I discovered directededge.com today and nearly fell out of my seat. I could not believe my eyes. Here was a company who had erected a basic REST API in front of a library that does some calculations on directed graphs. It’s a neat idea to be sure — I wouldn’t have thought to charge for something like this. But what really surprised me was the pricing. If this idea takes off, these guys are going to make a boat-load of cash.

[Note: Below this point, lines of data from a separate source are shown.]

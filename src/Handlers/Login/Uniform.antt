-- ===== src/Handlers/Login/Uniform.antt =====
-- What Login of backend/internal/handlers/auth.go tells of an account.
use flow_cast.Base.{
  length, [], ◌∷◌, Result-cases, Option-cases, ◌≡◌, inl, inr, none, some, ok, err, Text,
}
use flow_cast.Api.Decode.{decode_json}
use flow_cast.Api.Payload.{code_bad_request}
use flow_cast.Api.Respond.{write_error, write_internal_error}
use flow_cast.Auth.Password.{VerifyError, verify}
use flow_cast.Handlers.Cookies.{reject_credentials, respond_with_session}
use flow_cast.Handlers.Env.{
  StoreError, not_found, conflict, other_error, LoginRequest, Env, AuthHandler, Draws,
}
use flow_cast.Handlers.Login.{team_of, Answer, no_user, check_password, login_with, login}
use flow_cast.Http.{Request, status_ok, status_bad_request}
use flow_cast.Models.Identity.{User}

module _ (env : Env) (h : AuthHandler) where
  abbrev pub Decodes : Request → LoginRequest → Type 0
  Decodes r req = decode_json env.media_type env.quote env.decode_login env.more r ≡ ok req

  -- Every end of a login.
  pub data LoginEnds (d : Draws) (users : env.users.Users) (r : Request) : Answer → Type 0 where
    malformed :
        (message : Text)
        → LoginEnds d users r (record {
          actions = write_error env.marshal r status_bad_request code_bad_request message;
          comparisons = [];
        })
    turned_away :
        (compared : Text × Text)
        → LoginEnds d users r
            (record { actions = reject_credentials env h r; comparisons = compared ∷ [] })
    store_failed :
        LoginEnds d users r
          (record { actions = write_internal_error env.marshal r; comparisons = [] })
    logged_in :
        (req : LoginRequest) (user : User)
        → Decodes r req
        → env.users.find_by_email users req.email ≡ ok user
        → verify env.bcrypt user.password_hash req.password ≡ none
        → LoginEnds d users r (record {
          actions = respond_with_session env h d r status_ok user (team_of user);
          comparisons = (user.password_hash, req.password) ∷ [];
        })

  check_password-LoginEnds :
      (d : Draws) (users : env.users.Users) (r : Request) (req : LoginRequest) (user : User)
      → Decodes r req
      → env.users.find_by_email users req.email ≡ ok user
      → LoginEnds d users r (check_password env h d r req user)
  unfolding check_password
  check_password-LoginEnds d users r req user c f =
      elim (Option-cases (verify env.bcrypt user.password_hash req.password)) [
        | inl good ↦ rw (check_password, good) (logged_in req user c f good)
        | inr (e, bad) ↦ rw (check_password, bad) (turned_away _)
      ]

  no_user-LoginEnds :
      (d : Draws) (users : env.users.Users) (r : Request) (e : StoreError)
      → LoginEnds d users r (no_user env h r e)
  unfolding no_user
  no_user-LoginEnds d users r not_found = turned_away _
  no_user-LoginEnds d users r conflict = store_failed
  no_user-LoginEnds d users r other_error = store_failed

  -- Login answers a request that does not decode, a refusal after one comparison, a failure of the
  -- store, or a session: the last only for a user that the store has under the address of the request
  -- and whose hash verifies with its password.
  pub login-LoginEnds :
      (d : Draws) (users : env.users.Users) (r : Request)
      → LoginEnds d users r (login env h d users r)
  unfolding login login_with
  login-LoginEnds d users r =
      elim (Result-cases (decode_json env.media_type env.quote env.decode_login env.more r)) [
        | inl (message, bad) ↦ rw (login, bad) (malformed message)
        | inr (req, c) ↦ elim (Result-cases (env.users.find_by_email users req.email)) [
          | inl (e, missing) ↦ rw (login, c, login_with, missing) (no_user-LoginEnds d users r e)
          | inr (user, f) ↦
              rw (login, c, login_with, f) (check_password-LoginEnds d users r req user c f)
        ]
      ]

-- A login with the right password.
pub login-good :
    (env : Env) (h : AuthHandler) (d : Draws) (users : env.users.Users) (r : Request)
    (req : LoginRequest) (user : User)
    → Decodes env h r req
    → env.users.find_by_email users req.email ≡ ok user
    → verify env.bcrypt user.password_hash req.password ≡ none
    → (login env h d users r).actions ≡ respond_with_session env h d r status_ok user (team_of user)
unfolding login login_with check_password
login-good env h d users r req user c known good =
    rw (login, c, login_with, known, check_password, good)

-- A login with an address that no user has, and one with the address of a user and a wrong password,
-- get the same answer to the same request, and each makes one comparison of a hash with a password.
pub login-uniform :
    (env : Env) (h : AuthHandler) (d d' : Draws) (users users' : env.users.Users) (r : Request)
    (req : LoginRequest) (user : User) (e : VerifyError)
    → Decodes env h r req
    → env.users.find_by_email users req.email ≡ err not_found
    → env.users.find_by_email users' req.email ≡ ok user
    → verify env.bcrypt user.password_hash req.password ≡ some e
    → ((login env h d users r).actions ≡ (login env h d' users' r).actions)
      × ((length (login env h d users r).comparisons ≡ 1)
          × (length (login env h d' users' r).comparisons ≡ 1))
unfolding login login_with no_user check_password
login-uniform env h d d' users users' r req user e c missing known wrong = (
  rw (login, c, login_with, missing, known, check_password, wrong),
  (rw (login, c, login_with, missing), rw (login, c, login_with, known, check_password, wrong)),
)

First, directed graphs. This neat little data structure is what powers the recommendation engines behind Amazon, Netflix, and probably even the “People you may know…” features in popular social networks. It used to be that directed graphs were a pretty interesting and academic problem. However, they’ve long broken out of the ivory tower and the algorithm has become practically a “commodity.” Essentially almost every language probably has some open source library or another for working with directed graphs. So when I saw directededge.com my immediate reaction was, Really? What developer in their right mind would pay for this? You don’t even know how to implement the algorithm yourself to use it!
Although, honestly, it’s far better knowing IMO.

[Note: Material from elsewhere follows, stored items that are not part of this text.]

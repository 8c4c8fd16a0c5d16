-- ===== src/Handlers/Registration.antt =====
-- Register of backend/internal/handlers/auth.go.
pub mod Laws
use flow_cast.Base.{
  Text, bytes, is_empty, length, ltb, if◌then◌else◌, uuid_nil, ℕ, not, Option, none, some, List, [],
  ◌∷◌, ◌++◌, pos, ok, err,
}
use flow_cast.Strings.{trim_space}
use flow_cast.Http.{Action, Request, status_bad_request, status_conflict, status_created}
use flow_cast.Models.Issues.{FieldIssue, ValidationError}
use flow_cast.Models.Email.{valid_email}
use flow_cast.Models.Identity.{User}
use flow_cast.Api.Payload.{code_bad_request, code_conflict}
use flow_cast.Api.Respond.{write_error, write_internal_error, write_validation_error}
use flow_cast.Api.Decode.{decode_json}
use flow_cast.Auth.Password.{validate_password, hash}
use flow_cast.Handlers.Env.{
  Env, AuthHandler, Draws, RegisterRequest, StoreError, conflict, not_found, other_error,
}
use flow_cast.Handlers.Cookies.{respond_with_session}
use flow_cast.Auth.Tokens.Library.{valid}

abbrev pub max_email_length : ℕ
max_email_length = 320

abbrev field_issue : Text → Text → List FieldIssue
field_issue field message = record { field = field; message = message } ∷ []

pub email_issues : Text → List FieldIssue
email_issues email =
    if is_empty email
    then field_issue (bytes "email") (bytes "is required")
    else if ltb max_email_length (length email)
    then field_issue (bytes "email") (bytes "is too long")
    else if not (valid_email email)
    then field_issue (bytes "email") (bytes "must be a valid email address")
    else []

pub blank_issues : Text → Text → List FieldIssue
blank_issues field value =
    if is_empty (trim_space value) then field_issue field (bytes "is required") else []

-- errors.As(auth.ValidatePassword(...), &passwordErr) holds of each of its errors.
abbrev pub issues_of : Option ValidationError → List FieldIssue
issues_of none = []
issues_of (some e) = e.issues

-- The end of the function: no issues are no error.
abbrev pub report : List FieldIssue → Option ValidationError
report [] = none
report (i ∷ is) = some (record { issues = i ∷ is })

unfoldable pub validate_registration : RegisterRequest → Option ValidationError
unfolding email_issues blank_issues
validate_registration req = report (
    email_issues (trim_space req.email)
    ++ (blank_issues (bytes "name") req.name
        ++ (blank_issues (bytes "team_name") req.team_name
            ++ issues_of (validate_password req.password))))

-- models.User{Email: …, PasswordHash: …, Name: …}
abbrev pub new_user : RegisterRequest → Text → User
new_user req hashed = record {
  id = uuid_nil;
  team_id = uuid_nil;
  email = req.email;
  password_hash = hashed;
  name = req.name;
  created_at = pos 0;
  updated_at = pos 0;
}

module _ (env : Env) (h : AuthHandler) where
  pub create_error : Request → StoreError → List Action
  create_error r conflict =
      write_error env.marshal r status_conflict code_conflict
        (bytes "An account with that email address already exists.")
  create_error r not_found = write_internal_error env.marshal r
  create_error r other_error = write_internal_error env.marshal r

  -- From the hash on, for a request that is valid.
  pub create_account :
      Draws → env.users.Users → Request → RegisterRequest → List Action × env.users.Users
  unfolding create_error
  create_account d db r req = elim (hash env.bcrypt d.salt h.hasher req.password) [
    | err _ ↦ (write_internal_error env.marshal r, db)
    | ok hashed ↦ elim (env.users.create_team_with_owner db req.team_name (new_user req hashed)) [
      | err e ↦ (create_error r e, db)
      | ok (team, user, db') ↦ (respond_with_session env h d r status_created user team, db')
    ]
  ]

  unfoldable pub register : Draws → env.users.Users → Request → List Action × env.users.Users
  unfolding create_account
  register d db r = elim (decode_json env.media_type env.quote env.decode_register env.more r) [
    | err message ↦ (write_error env.marshal r status_bad_request code_bad_request message, db)
    | ok req ↦ elim (validate_registration req) [
      | some e ↦ (write_validation_error env.marshal r (some e), db)
      | none ↦ create_account d db r req
    ]
  ]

But it’s not such a bad idea. First, optimizing a directed graph data-structure and doing calculations on it that are fast requires a fair bit of optimization. This might cost you programmer time and potentially on-going hardware costs depending on how optimized you require your solution to be. Second, there are an increasing number of web technology startups where the founders and developers lack the specialized knowledge required to implement and optimize a directed-graph solution. In their case it’s simply easier to throw their data at an API and let someone else do it. So there is a good chance this might actually work.
Which gets me to thinking what other algorithms could we sell? Is this a good thing? Are we in a new era where even applications themselves are composed of services located elsewhere on the web?